The study’s stated goal was to stimulate youth development through an innovative use of digital technology promoting positive sexual and reproductive health outcomes for Latina teens in Colorado.
“We want to increase the discussion around these difficult issues that young women face who are pregnant and from marginalized communities and to also understand women of strength and counter the stereotypes that work against these women in their daily lives,” Otañez says.
While some people in human research protection might argue that this type of work is more community-based projects than research, Otañez disagrees.
Everything involving the project is research in the sense that it is approved by the human subjects committee and is designed to promote generalizable knowledge and further the notion of digital storytelling as a method for community engagement, he says.
“The specific process I subscribe to and use is creating a space where individuals from the community create and share their own stories, as opposed to scholars making stories about them,” Otañez explains.
“The story circle is a process: people in the community, with a few facilitators, share their stories, and these are not usually public,” Otañez says. “They’re a way to collect data.”
In Otañez’ digital storytelling research, the young women share their stories publicly online through their videos. The University of Colorado has a Web page titled, “Teen Moms Talk Back.” Links to some of the young women’s videos are on the page. The page can be found at http://teenmomstalkback.ucdenver.edu.
Since the research uses social media platforms, especially YouTube, a key issue from an IRB perspective is how social media is used for communication between the study participants and for communication to the public, Otañez says.
“The videos are used to communicate to the general public about the women’s stories and to create safe places to talk about these issues and to counter stereotypes of pregnant and parenting young women,” he adds.
The idea that these women are considered part of a vulnerable population because of their age is an outdated legacy that IRBs need to change, Otañez suggests.
“These young women are parenting at age 14,” he says. “They grow up faster and are using social media in ways that are new and uncertain, and they shouldn’t be treated in a patronizing or paternalistic way.”
From an IRB’s perspective, this type of research is tricky, he notes.
“There needs to be some retooling because of the fast pace of social media and how it’s changed society and is being used by younger people,” Otañez adds.
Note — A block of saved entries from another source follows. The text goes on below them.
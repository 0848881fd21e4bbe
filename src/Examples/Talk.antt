-- ===== src/Examples/Talk.antt =====
-- Requests, their acceptance, and messages: conversations.ts and queue.ts at concrete inputs.
use crypto_pigeon.Prelude.{◌≤◌, ◌≡◌, refl, true, false, none, some, [], ◌∷◌, any, arith, Text}
use crypto_pigeon.Relay.Db.{Db}
use crypto_pigeon.Relay.Sockets.{Net}
use crypto_pigeon.Relay.Conversations.{
  user_active, current_user_id, same_pair, insert_request, named, request_from, request_as,
  request_contact, waiting_for, ordered, is_pair, grant, has_id, commit_accept, can_accept,
  accept_row, accept_as, accept, is_pending, permitted,
}
use crypto_pigeon.Relay.Conversations.Consent.{
  agreed, Reach, here, next, requests, accepts, permitted-agreed,
}
use crypto_pigeon.Relay.Queue.{SendBody, ttl_of, expiry_of, is_ephemeral, user_of, send, pending}
use crypto_pigeon.Relay.Queue.Pending.{carries, send-pending}
use crypto_pigeon.Examples.Fixtures.{strangers, friends, repeated}

abbrev asked : Db
asked = (request_contact 1000 50 11 102 strangers).1

abbrev answered : Db
answered = (accept 2000 50 12 asked).1

asked_then_answered : Reach strangers answered
asked_then_answered =
    next (next here (requests 1000 50 11 102 strangers)) (accepts 2000 50 12 asked)

may_talk : permitted 2 1 answered.permissions ≡ true
unfolding permitted ordered is_pair accept accept_as accept_row commit_accept grant can_accept
    waiting_for has_id is_pending request_contact request_as request_from insert_request same_pair
    named current_user_id user_active
may_talk = refl

permitted-agreed_example : any (agreed 2 1) answered.requests ≡ true
permitted-agreed_example = permitted-agreed refl asked_then_answered 2 1 may_talk

abbrev envelope_id : Text
envelope_id = repeated 32 b'A'

abbrev hello : SendBody
hello = record {
  envelope_id = envelope_id;
  mailbox_id = 12;
  ciphertext = 1 ∷ 2 ∷ [];
  typing = false;
  ttl_ms = none;
  created_at_ms = none;
}

abbrev offline : Net
offline = record { clients = []; sent = [] }

from_alice : user_of 11 friends.devices ≡ some 1
unfolding user_of
from_alice = refl

to_bob : user_of 12 friends.devices ≡ some 2
unfolding user_of
to_bob = refl

permitted_pair : permitted 1 2 friends.permissions ≡ true
unfolding permitted ordered is_pair
permitted_pair = refl

is_kept : is_ephemeral hello ≡ false
unfolding is_ephemeral ttl_of
is_kept = refl

not_expired : 5000 ≤ expiry_of 1000 hello
unfolding expiry_of ttl_of
not_expired = omega arith

send-pending_example :
    any (carries 11 hello) (pending 5000 12 (send 1000 11 hello (friends, offline)).1).0 ≡ true
send-pending_example =
    send-pending 1000 5000 11 1 2 hello friends offline from_alice to_bob permitted_pair is_kept
      refl refl refl not_expired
The end result of this type of research is not just publication and evidence-based research, but the process of developing relationships with community members so these young mothers can one day do their own research, Otañez says.
He envisions a time when research isn’t conducted only by academic or medical professionals and when community members can be trained to design their own studies.
“When I go into a community project we come in with a proposal,” he explains. “Once these are done, they’re intended to give [the participants] a set of skills, contacts, and confidence so they can design their own projects.”
Someday, the teenage mothers and other communities like theirs might become researchers who share stories, findings, and knowledge with academics and professionals, so scholars and researchers will better understand the community’s needs and desires, he adds.
“This is an innovation in research,” Otañez says. “We’re fine-tuning things so the members of the IRB have the knowledge and skills to not create obstacles for researchers who do community-driven work, where people are working in partnership to conduct research.”
Before members of a community could become researchers, they would need to follow all training and other requirements. For instance, when researchers set up the young Latina mothers’ study, they had an art therapist, who was enlisted to work with the teens on their videos, go through appropriate training to be a co-researcher on the project, he notes.
“She is a staff member of the Florence Crittenton Services and a certified teacher,” he says. “In the future, one of the tangibles could be that these young women, who could do their own research project, would have to go through all the human research protection program training.”
The benefits of research involving members of a stereotyped community and using social media are clear, Otañez says.
“The design and intent of the research are to promote health equities and also the scholarship, knowledge production, and increased space for non-academics to participate directly,” Otañez explains. “This research increases the capacity of community members to take control of processes they’ve typically been subjects of, and it helps us promote innovative knowledge, evidence-based research, and also serve the communities where we’re located.”
The use of digital storytelling and social media to engage a vulnerable population is part of the research frontier that is possible because of technology. It might change the way IRBs view human research, and it might make investigators of community members, one socio-behavioral scientist says.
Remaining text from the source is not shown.